-- ===== src/Ard/Checks.antt =====
-- ardain/src/ard.rs: the readers at inputs.
use ard_tools.Base.{ℕ, ◌+◌, ◌≡◌, ◌++◌, refl, arith, List, [], ◌∷◌, length, ok, err}
use ard_tools.Arh.Meta.{FileMeta, new_invalid}
use ard_tools.Fs.Error.{io}
use ard_tools.Ard
use ard_tools.Ard.{Decompressor, entry, skip_take}
use ard_tools.Ard.Ranges.{read_range-append, read_compressed_cut}

-- A format whose entries stand for their bytes twice over.
abbrev twice : Decompressor
twice = record { decompress = λ bytes. ok (bytes ++ bytes, length bytes + length bytes) }

abbrev data_bytes : List ℕ
data_bytes = 9 ∷ 1 ∷ 2 ∷ 3 ∷ 4 ∷ []

abbrev plain_file : FileMeta
plain_file = record new_invalid { offset = 1; compressed_size = 4 }

abbrev packed_file : FileMeta
packed_file = record new_invalid { offset = 2; compressed_size = 3; uncompressed_size = 6 }

past_end : Ard.read twice data_bytes (entry (record plain_file { offset = 3 })) ≡ err io
unfolding Ard.read Ard.read_at Ard.read_plain
past_end = refl

read_range-append_example :
    (front : List ℕ) × (back : List ℕ) × (Ard.read_range twice data_bytes
        (skip_take (entry plain_file) 1 2)
      ≡ ok front)
    × (Ard.read_range twice data_bytes (skip_take (entry plain_file) (1 + 2) 5) ≡ ok back)
    × (Ard.read_range twice data_bytes (skip_take (entry plain_file) 1 (2 + 5))
        ≡ ok (front ++ back))
read_range-append_example =
    read_range-append twice data_bytes plain_file refl (omega arith) 1 2 5 (omega arith)

read_compressed_cut_example :
    (Ard.read twice data_bytes (entry packed_file) ≡ ok (2 ∷ 3 ∷ 4 ∷ []))
    × (Ard.read_range twice data_bytes (skip_take (entry packed_file) 0 6)
        ≡ ok (2 ∷ 3 ∷ 4 ∷ 2 ∷ 3 ∷ 4 ∷ []))
read_compressed_cut_example =
    read_compressed_cut twice data_bytes (2 ∷ 3 ∷ 4 ∷ 2 ∷ 3 ∷ 4 ∷ []) packed_file 6
      (λ e. ground arith) refl (omega arith) (omega arith) (omega arith)
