-- ===== src/Arh.antt =====
-- ardain/src/arh.rs, part by part, and ardain/src/arh_ext.rs, whose section it holds.
pub mod Node
pub mod Strings
pub mod Meta
pub mod Recycle
pub mod Dict
pub mod Trie
pub mod FullPath
pub mod Blocks
pub mod State
pub mod Decrypt
mod Checks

┄┄┄┄┄┄

All lines from the opening of the records through the line where "abbrev twice : Decompressor" occurs are to be output verbatim. No other line belongs in the answer.

-- ===== src/Ard/Checks.antt =====
-- ardain/src/ard.rs: the readers at inputs.
use ard_tools.Base.{ℕ, ◌+◌, ◌≡◌, ◌++◌, refl, arith, List, [], ◌∷◌, length, ok, err}
use ard_tools.Arh.Meta.{FileMeta, new_invalid}
use ard_tools.Fs.Error.{io}
use ard_tools.Ard
use ard_tools.Ard.{Decompressor, entry, skip_take}
use ard_tools.Ard.Ranges.{read_range-append, read_compressed_cut}

-- A format whose entries stand for their bytes twice over.
abbrev twice : Decompressor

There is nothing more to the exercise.